Senator de Largie - Sir John Quick is the man responsible for letting this contract.


Senator SAYERS - I say nothing about Sir John Quick. I do not know whether he was responsible or not. He can answer for himself. The fact that I have to deal with is that the present Government have been in office long enough to see this job carried through. They came into office eighteen months ago, and the time specified in this contract was one year and eleven weeks. The present Government, therefore, and not Sir John Quick, are responsible for the non-fulfilment of the conditions of contract.


Senator de Largie - But Sir John Quick let the contract.
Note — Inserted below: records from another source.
-- ===== src/Toc/Writer/Write.antt =====
-- toc/writer.go: Write.
use greenmask.Common.{
  none, some, Option, List, Exec, raise, label, modify, ◌>>◌, entries_nil, header_nil,
}
use greenmask.Toc.Types.{Header, Entry, Toc}
use greenmask.Toc.Writer.{Writer, prune}
use greenmask.Toc.Writer.Header.{write_header}
use greenmask.Toc.Writer.Entries.{write_entries}

start : Header → Writer → Writer
start h s = record s { int_size = h.int_size; version = h.version }

write_both : Option (List Entry) → Option Header → Exec Writer (Unit {0})
unfolding start
write_both none header = raise entries_nil
write_both (some entries) none = raise header_nil
write_both (some entries) (some h) = do
  modify (start h)
  label "error writing header" (write_header h)
  label "error writing entries" (write_entries entries)
  modify prune

unfoldable pub write : Toc → Exec Writer (Unit {0})
unfolding write_both prune
write toc = write_both toc.entries toc.header
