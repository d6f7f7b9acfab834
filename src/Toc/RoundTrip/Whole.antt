-- ===== src/Toc/RoundTrip/Whole.antt =====
-- What `Write` writes, `Read` reads back.
use greenmask.Common.{
  ℕ, ◌≤◌, ◌<◌, ◌%◌, ◌^◌, ◌≡◌, ap, ◌∙◌, sym, Bytes, some, List, [], ◌++◌, append-nil, map, label,
  modify, ◌>>◌, ok, bind_of_ok, Bool-cases, leb, leb→le, Result, bind_of_err, label_of_err,
  length-append, label_of_ok, Error, err, wrap, ◌⊎◌, inl, inr, ◌-◌, ◌+◌, length, length-map, All,
  arith,
}
use mathlib.Core.Path.{ap₂}
use greenmask.Toc.Types.{Header, Entry, Toc}
use greenmask.Toc.Persisted.{
  persisted_header, persisted_entry, largest_id, IsWritable, IsWritableHeader,
}
use greenmask.Toc.Writer
use greenmask.Toc.Writer.{Writer, new_writer}
use greenmask.Toc.Writer.Emits
use greenmask.Toc.Writer.Header.{write_header}
use greenmask.Toc.Writer.Entries.{write_entries}
use greenmask.Toc.Writer.Write.{write}
use greenmask.Toc.Reader.{Reader, new_reader, prune}
use greenmask.Toc.Reader.Reads.{at, ready}
use greenmask.Toc.Reader.Header.{read_header}
use greenmask.Toc.Reader.Entries.{read_entries}
use greenmask.Toc.Reader.Read.{read}
use greenmask.Toc.RoundTrip.{Link}
use greenmask.Toc.RoundTrip.Header.{blank, Link-header, version-IsWritableHeader}
use greenmask.Toc.RoundTrip.Entries.{Link-entries}

-- The writer behind a whole `Write`.
abbrev pub written : Bytes → ℕ → Writer
written archive room = record (new_writer (room - length archive)) { out = archive }

-- What an archive keeps of a table of contents.
abbrev pub persisted : Header → List Entry → Toc
persisted h entries = record {
  header = some (persisted_header h (length entries) (largest_id 0 entries));
  entries = some (map (persisted_entry h.version) entries);
}

module _ (h : Header) (entries : List Entry)
    (head : Link h.version blank
      (write_header h)
      read_header
      (persisted_header h 0 0)
      (ready h.version 0))
    (body : Link h.version
      (ready h.version 0)
      (write_entries entries)
      read_entries
      (map (persisted_entry h.version) entries)
      (ready h.version (largest_id 0 entries))) where
  -- `read` counts the entries in an int32.
  counted : ℕ → Result (Toc × Reader)
  counted n = ok (
    record {
      header = some (persisted_header h n (largest_id 0 entries));
      entries = some (map (persisted_entry h.version) entries);
    },
    record { input = []; int_size = 0; version = 0; position = 0; max_dump_id = 0 },
  )

  read_back :
      length entries < 2 ^ 31
      → read (new_reader (head.bytes ++ (body.bytes ++ [])))
        ≡ ok (persisted h entries, new_reader [])
  unfolding read new_reader prune counted
  read_back few =
      let count : length (map (persisted_entry h.version) entries) % 2 ^ 32 ≡ length entries =
        omega (arith, length-map (persisted_entry h.version) entries) in
      bind_of_ok (label "error reading header" read_header) _
        {s = at (head.bytes ++ (body.bytes ++ [])) blank 0}
        (label_of_ok "error reading header" read_header (head.reads.run (body.bytes ++ []) 0))
      ∙ bind_of_ok (label "error reading entries" read_entries) _
          {s = at (body.bytes ++ []) (ready h.version 0) (0 + length head.bytes)}
          (label_of_ok "error reading entries" read_entries
            (body.reads.run [] (0 + length head.bytes)))
      ∙ ap counted count

  abbrev archive : Bytes
  archive = head.bytes ++ (body.bytes ++ [])

  abbrev outcome : ℕ → Result (Unit {0} × Writer)
  outcome room = write (record { header = some h; entries = some entries }) (new_writer room)

  length-archive : length archive ≡ length head.bytes + length body.bytes
  length-archive = rw append-nil (length-append head.bytes body.bytes)

  -- `Write` behind its checks, with integers of a size.
  sized : ℕ → ℕ → Result (Unit {0} × Writer)
  sized room int_size =
      (label "error writing header" (write_header h)
          >> (label "error writing entries" (write_entries entries) >> modify Writer.prune))
        (record { out = []; room = room; int_size = int_size; version = h.version; position = 0 })

  outcome-sized : h.int_size ≡ 4 → (room : ℕ) → outcome room ≡ sized room 4
  unfolding write new_writer sized
  outcome-sized four room = ap (sized room) four

  write_fits : (room : ℕ) → length archive ≤ room → sized room 4 ≡ ok (tt, written archive room)
  unfolding sized Writer.prune new_writer
  write_fits room fits =
      let sizes = length-archive in
      let left : room - length head.bytes - length body.bytes ≡ room - length archive =
        omega arith in
      bind_of_ok (label "error writing header" (write_header h)) _
        {s = Emits.at [] room h.version 0}
        (label_of_ok "error writing header" (write_header h)
          (head.emits.run [] room 0 (omega arith)))
      ∙ bind_of_ok (label "error writing entries" (write_entries entries)) _
          {s = Emits.at head.bytes (room - length head.bytes) h.version (0 + length head.bytes)}
          (label_of_ok "error writing entries" (write_entries entries) (
            body.emits.run head.bytes (room - length head.bytes) (0 + length head.bytes)
              (omega arith)))
      ∙ ap₂ (λ b r. ok (tt, record (new_writer r) { out = head.bytes ++ b }))
          (sym (append-nil body.bytes)) left

  write_short : (room : ℕ) → room < length archive → (e : Error) × (sized room 4 ≡ err e)
  unfolding sized
  write_short room lacks = elim (Bool-cases (leb (length head.bytes) room)) [
    | inl e ↦
        let sizes = length-archive in
        let fits = leb→le _ _ e in
        let (error, failed) =
          body.emits.short head.bytes (room - length head.bytes) (0 + length head.bytes)
            (omega arith) in
        (
          wrap "error writing entries" error,
          bind_of_ok (label "error writing header" (write_header h)) _
                {s = Emits.at [] room h.version 0}
                (label_of_ok "error writing header" (write_header h)
                  (head.emits.run [] room 0 fits))
              ∙ bind_of_err (label "error writing entries" (write_entries entries)) _
                  {s = Emits.at head.bytes (room - length head.bytes) h.version
                    (0 + length head.bytes)}
                  (label_of_err "error writing entries" (write_entries entries) failed),
        )
    | inr e ↦
        let (error, failed) = head.emits.short [] room 0 (ground arith) in
        (
          wrap "error writing header" error,
          bind_of_err (label "error writing header" (write_header h)) _
              {s = Emits.at [] room h.version 0}
              (label_of_err "error writing header" (write_header h) failed),
        )
  ]

-- For a header of version 1.1 to 1.16 and fewer than 2^31 entries whose fields are in range, there
-- is one archive that Write produces when the sink has room for it and that Read turns back into
-- what the version keeps of the header and the entries, with no input left; with less room Write
-- reports an error.
pub read-write :
    (h : Header) (entries : List Entry)
    → IsWritableHeader h
    → length entries < 2 ^ 31
    → All (IsWritable h.version) entries
    → (archive : Bytes) × (read (new_reader archive) ≡ ok (persisted h entries, new_reader []))
      × ((room : ℕ)
          → ((length archive ≤ room)
              × (write (record { header = some h; entries = some entries }) (new_writer room)
                  ≡ ok (tt, written archive room)))
            ⊎ ((room < length archive)
                × ((e : Error) × (write
                        (record { header = some h; entries = some entries })
                        (new_writer room)
                      ≡ err e))))
read-write h entries holds few hs =
    let head = Link-header h holds in
    let body = Link-entries h.version (version-IsWritableHeader h holds) 0 entries few hs in
    (
      head.bytes ++ (body.bytes ++ []),
      read_back h entries head body few,
      λ room.
          let same = outcome-sized h entries head body holds.int_size room in
          elim (Bool-cases (leb (length (head.bytes ++ (body.bytes ++ []))) room)) [
            | inl e ↦
                let fits = leb→le _ _ e in
                inl (fits, same ∙ write_fits h entries head body room fits)
            | inr e ↦
                let lacks : room < length (head.bytes ++ (body.bytes ++ [])) = ground arith in
                let (error, failed) = write_short h entries head body room lacks in
                inr (lacks, (error, same ∙ failed))
          ],
    )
Senator SAYERS - If I let a contract and afterwards formally turn the work over to some one else, that person is responsible. If Senator de Largie has any charges to make against Sir John Quick let him make them openly on the floor of the Senate, and not by \V:1 V of interjection. A cable- gram from Captain Collins, dated 5th April, 1909, informed the Department that-

Greenwood and Pratt ask to supply information sought.

Captain Collins was cabled to by the Government on the 22nd June, 1909, in the following terms : -

Is Clarkson satisfied Pratt can produce the better rifle simultaneously with service rifle, or if pattern changed could machinery be - easily adapted ? What does Clarkson estimate cost of buildings and motive power Birmingham and Pratt machines respectively? Minister desire War Office consulted and advice sought whole matter in view of knowledge gained America.

The War Office advised the Government to do exactly the opposite of what they did. One has only to visit the Enfield . Small Arms Factory, about 18 miles from London, to realize that a factory suitable to supply the Commonwealth could easily have been built within the time since this contract was let. We ought to have had the whole thing in working order by this time. On page 4 of the paper from which' I am quoting, there is a cablegram from

Captain Collins -

War Office has been consulted. Like Birmingham offer. Consider cost prohibitive compared other tenders.

It seems that the Government regarded cheapness as the principal consideration ; but we should have been making rifles in Australia long ago if we had accepted the other tender. Another portion of the document states, ' 1 American machinery will not stand wear," or words to that effect.


Senator Pearce - Where is that stated?